Wednesday, May 27, 2009

The Coen Project: Blood Simple

"Now, in Russia, they got it mapped out so that everyone pulls for everyone else... that's the theory, anyway. But what I know about is Texas, an' down here... you're on your own." -Loren Visser


Blood Simple, the Coen brothers' first film, begins the same way their Oscar winning masterpiece No Country for Old Men does, with shots of desolate Texas prairie overlaid with the voiceover of a grizzled old country boy.  In this case, it's private investigator Loren Visser, an amoral sleazeball played with greasy relish by M. Emmet Walsh and the first in a long line of Coen embodiments of inplacable evil.  His is the first voice we hear in the Coen brothers' canon, and it vividly articulates a theme that will run through all of their work: people cannot be trusted to overcome their own selfishness and stupidity. As Visser says, "tell your problems to your neighbor, ask for help, 'n watch him fly." Blood Simple isn't interested in diagnosing the problem, of explaining just why it is that people are such treacherous dogs, just in describing the condition with dry wit and a southern-fried noir sensibility.  When cuckolded bar owner Marty (Dan Hedaya at his slimiest) fails in a ham-fisted attempt to pick up a girl at a bar, he points out "we don't seem to be...communicating."  That goes for everyone in the movie.  The plot is entirely powered by people who distrust one another, and, as a result, are incapable of meaingful communication.

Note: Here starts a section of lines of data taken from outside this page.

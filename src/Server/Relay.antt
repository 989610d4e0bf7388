-- ===== src/Server/Relay.antt =====
-- Relaying a request: `createRelayTransaction` and `estimateMaxPossibleGas` of src/RelayServer.ts,
-- with the checks and estimates that they call. What the client library, ow and the verifiers'
-- contracts do is a parameter, by the number of the call as for the node. The slowing down in the
-- alerted state is a sleep, and left out.
pub mod Steps
pub mod Found
pub mod Accepted
pub mod Sent
pub mod Typed
use rif_relay_server.Base.{
  ℕ, ◌+◌, Bool, true, false, not, ◌||◌, ◌&&◌, Option, none, some, List, [], ◌∷◌, ◌++◌, Text, codes,
  contains, eq_text, ltb, ◌==◌, if◌then◌else◌,
}
use rif_relay_server.Base.Int.{ℤ, pos, ◌+ℤ◌}
use rif_relay_server.Stored.{relay_call, PopulatedTransaction}
use rif_relay_server.Keys.{SignedTransactionDetails, get_wallet}
use rif_relay_server.Outcome.{
  Error, Outcome, ok, err, not_ready, invalid_shape, invalid_verifier, incompatible_verifier,
  missing_verifier, unknown_verifier_error, verification_failed, Action, ◌>>=◌, ◌>>◌, pure, throw,
}
use rif_relay_server.Envelope.{EnvelopingRequest, HttpEnvelopingRequest}
use rif_relay_server.Shapes.{
  Shapes, deploy_transaction_request_shape, relay_transaction_request_shape,
}
use rif_relay_server.TxManager.{World, SendTransactionDetails, call, lift, send_transaction}
use rif_relay_server.Numbers.{Numbers}
use rif_relay_server.Conversions.{from_fixed}
use rif_relay_server.Fees.{
  Market, FeeSettings, Conversion, calculate_fee, validate_if_gas_amount_is_acceptable,
  validate_if_token_amount_is_acceptable, convert_gas_to_token_and_native,
}
use rif_relay_server.Server.{Server, ServerContext, on_chain, is_ready, is_trusted_verifier}
use rif_relay_server.Server.Requests.{validate_input, validate_max_nonce}

-- `exact_shape` is whether `ow.object.exactShape` passes a request. `connect_error` is the message of the error with which a verifier's contract cannot be connected;
-- the flags say that the request is one to deploy.
pub record RelayLibrary : Type 0 where
  pub is_deploy_transaction : HttpEnvelopingRequest → Bool
  pub exact_shape : Shapes → HttpEnvelopingRequest → Bool
  pub is_data_empty : Text → Bool
  pub server_signature_required : Text
  pub connect_error : Bool → Text → Option Text
  pub populate_verify : ℕ → Bool → HttpEnvelopingRequest → Text → Option PopulatedTransaction
  pub eth_call : ℕ → PopulatedTransaction → Option Text
  pub standard_max_possible_gas : ℕ → HttpEnvelopingRequest → Text → Option ℕ
  pub estimate_signed : ℕ → HttpEnvelopingRequest → Text → Option ℕ
  pub estimate_unsigned : ℕ → EnvelopingRequest → Text → Option Bool → Option ℕ
  pub verify_max_possible_gas : ℕ → PopulatedTransaction → ℕ → ℕ → Text → Option ℕ
  pub deploy_call : ℕ → EnvelopingRequest → Text → Option PopulatedTransaction
  pub relay_call_of : ℕ → EnvelopingRequest → Text → Option PopulatedTransaction

-- `clock` gives the seconds at which the n-th call is made.
pub record RelayContext (Store D : Type 0) : Type 0 where
  pub server : ServerContext Store
  pub num : Numbers D
  pub market : Market D
  pub fees : FeeSettings D
  pub library : RelayLibrary
  pub clock : ℕ → ℕ

pub record RelayEstimation (D : Type 0) : Type 0 where
  pub gas_price : ℕ
  pub estimation : ℤ
  pub required_token_amount : ℤ
  pub required_native_amount : ℤ
  pub exchange_rate : D

-- The message that stands for the error of the connection.
unfoldable pub connection_error : Text → Error
connection_error message =
    if contains (codes "Returned values aren't valid, did it run Out of Gas?") message
    then incompatible_verifier
    else (if contains (codes "no code at address") message
        then missing_verifier
        else unknown_verifier_error)

-- `try { ... } catch { throw e }`.
abbrev pub relabel : {S A : Type 0} → Error → Outcome A × S → Outcome A × S
relabel e (ok a, s) = (ok a, s)
relabel e (err x, s) = (err e, s)

-- The details of the transaction that relays the request.
abbrev pub relay_details :
    Text → HttpEnvelopingRequest → PopulatedTransaction → ℕ → ℕ → SendTransactionDetails
relay_details worker_address r method gas_limit current_block = record {
  signer = worker_address;
  server_action = relay_call;
  method = some method;
  destination = r.metadata.relay_hub_address;
  value = none;
  gas_limit = gas_limit;
  gas_price = some r.relay_request.relay_data.gas_price;
  creation_block_number = current_block;
}

module _ {Store D : Type 0} (c : RelayContext Store D) where
  -- `signature === SERVER_SIGNATURE_REQUIRED || isDataEmpty(signature)`.
  abbrev pub is_unsigned : Text → Bool
  is_unsigned signature =
      eq_text signature c.library.server_signature_required || c.library.is_data_empty signature

  abbrev pub has_shape : HttpEnvelopingRequest → Bool
  has_shape r =
      if c.library.is_deploy_transaction r
      then c.library.exact_shape deploy_transaction_request_shape r
      else c.library.exact_shape relay_transaction_request_shape r

  unfoldable pub validate_input_types : HttpEnvelopingRequest → Action (Server Store) (Unit {0})
  validate_input_types r = if has_shape r then pure tt else throw invalid_shape

  -- The call of the verifier's `verifyRelayedCall`, as a view of the pending block.
  unfoldable pub verify_relayed_call : HttpEnvelopingRequest → Action (World Store) Text
  verify_relayed_call r = do
    method ← call (λ n.
        c.library.populate_verify n (c.library.is_deploy_transaction r) r
          c.server.base.worker_address)
    call (λ n. c.library.eth_call n method)

  unfoldable pub connect_and_verify :
      Option Text → HttpEnvelopingRequest → Action (World Store) Text
  connect_and_verify (some message) r w = (err (connection_error message), w)
  connect_and_verify none r w = relabel verification_failed (verify_relayed_call r w)

  unfoldable pub validate_request_with_verifier : HttpEnvelopingRequest → Action (Server Store) Text
  validate_request_with_verifier r s =
      let verifier = r.relay_request.relay_data.call_verifier in
      let verified =
        on_chain
          (connect_and_verify (c.library.connect_error (c.library.is_deploy_transaction r) verifier)
            r)
          s in
      if is_trusted_verifier s verifier then verified else (err invalid_verifier, s)

  -- `getMaxPossibleGas`: the gas, and the gas with the fees.
  unfoldable pub get_max_possible_gas : HttpEnvelopingRequest → Action (World Store) (ℕ × ℤ)
  get_max_possible_gas r = do
    gas ← call (λ n. c.library.standard_max_possible_gas n r c.server.base.worker_address)
    fee ← calculate_fee c.num c.market c.fees r.relay_request gas
    rounded ← lift (from_fixed c.num fee)
    pure (gas, pos gas +ℤ rounded)

  abbrev pub relay_method : ℕ → HttpEnvelopingRequest → Option PopulatedTransaction
  relay_method n r =
      if c.market.is_deploy_request r.relay_request
      then c.library.deploy_call n r.relay_request r.metadata.signature
      else c.library.relay_call_of n r.relay_request r.metadata.signature

  -- The transaction itself, once the request is accepted for the gas.
  unfoldable pub send_relay :
      HttpEnvelopingRequest → ℕ → Action (World Store) (ℕ × SignedTransactionDetails)
  send_relay r max_possible_gas = do
    method ← call (λ n. relay_method n r)
    gas_limit ← call (λ n.
        c.library.verify_max_possible_gas n method r.relay_request.relay_data.gas_price
          max_possible_gas c.server.base.worker_address)
    current_block ← call c.server.base.log_node.block_number
    signed ←
        send_transaction c.server.base.env
          (relay_details c.server.base.worker_address r method gas_limit current_block)
    pure (current_block, signed)

  -- The event after a relayed transaction, which asks for a check of the worker's balance.
  abbrev pub emit_replenish_check :
      ℕ × SignedTransactionDetails → Action (Server Store) SignedTransactionDetails
  emit_replenish_check (block, signed) s =
      (ok signed, record s { replenish_checks = s.replenish_checks ++ block ∷ [] })

  abbrev pub check_input : HttpEnvelopingRequest → Action (Server Store) (Unit {0})
  check_input r s =
      (validate_input c.server is_unsigned (c.clock s.registration.world.calls) r s, s)

  -- The checks of the amounts: the result is the gas.
  unfoldable pub check_amounts : HttpEnvelopingRequest → Action (World Store) ℕ
  check_amounts r = do
    validate_if_gas_amount_is_acceptable c.num c.market r.relay_request
    gas ← get_max_possible_gas r
    validate_if_token_amount_is_acceptable c.num c.market c.fees r.relay_request gas.1
    pure gas.0

  -- `createRelayTransaction` for a server that is ready.
  unfoldable pub relay_when_ready :
      HttpEnvelopingRequest → Action (Server Store) SignedTransactionDetails
  relay_when_ready r = do
    validate_input_types r
    check_input r
    validate_max_nonce c.server r.metadata.relay_max_nonce
    validate_request_with_verifier r
    gas ← on_chain (check_amounts r)
    sent ← on_chain (send_relay r gas)
    emit_replenish_check sent

  unfoldable pub create_relay_transaction :
      HttpEnvelopingRequest → Action (Server Store) SignedTransactionDetails
  create_relay_transaction r s =
      let relayed = relay_when_ready r s in
      if is_ready c.server.settings s then relayed else (err not_ready, s)

  -- The estimate of the client library, by the wallet of the worker where the request is unsigned.
  unfoldable pub initial_estimation : HttpEnvelopingRequest → Action (World Store) ℕ
  initial_estimation r =
      let unsigned = (do
        key ← lift (get_wallet c.server.base.env.workers c.server.base.worker_address)
        call (λ n. c.library.estimate_unsigned n r.relay_request key r.metadata.is_custom)) in
      if is_unsigned r.metadata.signature
      then unsigned
      else call (λ n. c.library.estimate_signed n r c.server.base.worker_address)

  abbrev pub as_estimation : Conversion D → RelayEstimation D
  as_estimation conversion = record {
    gas_price = conversion.gas_price;
    estimation = conversion.value;
    required_token_amount = conversion.value_in_token;
    required_native_amount = conversion.value_in_native;
    exchange_rate = conversion.exchange_rate;
  }

  unfoldable pub estimate_max_possible_gas :
      HttpEnvelopingRequest → Action (Server Store) (RelayEstimation D)
  estimate_max_possible_gas r = do
    validate_input_types r
    gas ← on_chain (initial_estimation r)
    fee ← on_chain (calculate_fee c.num c.market c.fees r.relay_request gas)
    max_possible_gas ← on_chain (lift (from_fixed c.num (c.num.plus fee (c.num.of_int (pos gas)))))
    conversion ←
        on_chain (convert_gas_to_token_and_native c.num c.market r.relay_request max_possible_gas)
    pure (as_estimation conversion)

That goes for  Marty and his hired operative Visser, but also for Marty's wife Abbey (Francise McDormand) and her lover Ray (John Getz).  When Ray finds Mardy dead, he assumes that Abbey killes him and buries the body.  When Abbey claims ignorance, he assumes that she's setting him up for the fall.  And when Abbey finds out that Marty's dead, she assumes Ray killed him.  All the while, the real killer, Visser, is hovering in the background, trying to cover up his incompetence with more murders.  The Coens have their usual slightly contemptuous distance from all the idiocy and distrust,  but the question of just why the hell everybody just can't talk to one another without fear of being sold out lingers. In their first film, the Coens establish their love of genre, their amused detachment from the human predicament, and their interest in exploring the faultines of modern life.  They would go further towards explaining just why it is we're "on our own" in their next movie, Raising Arizona.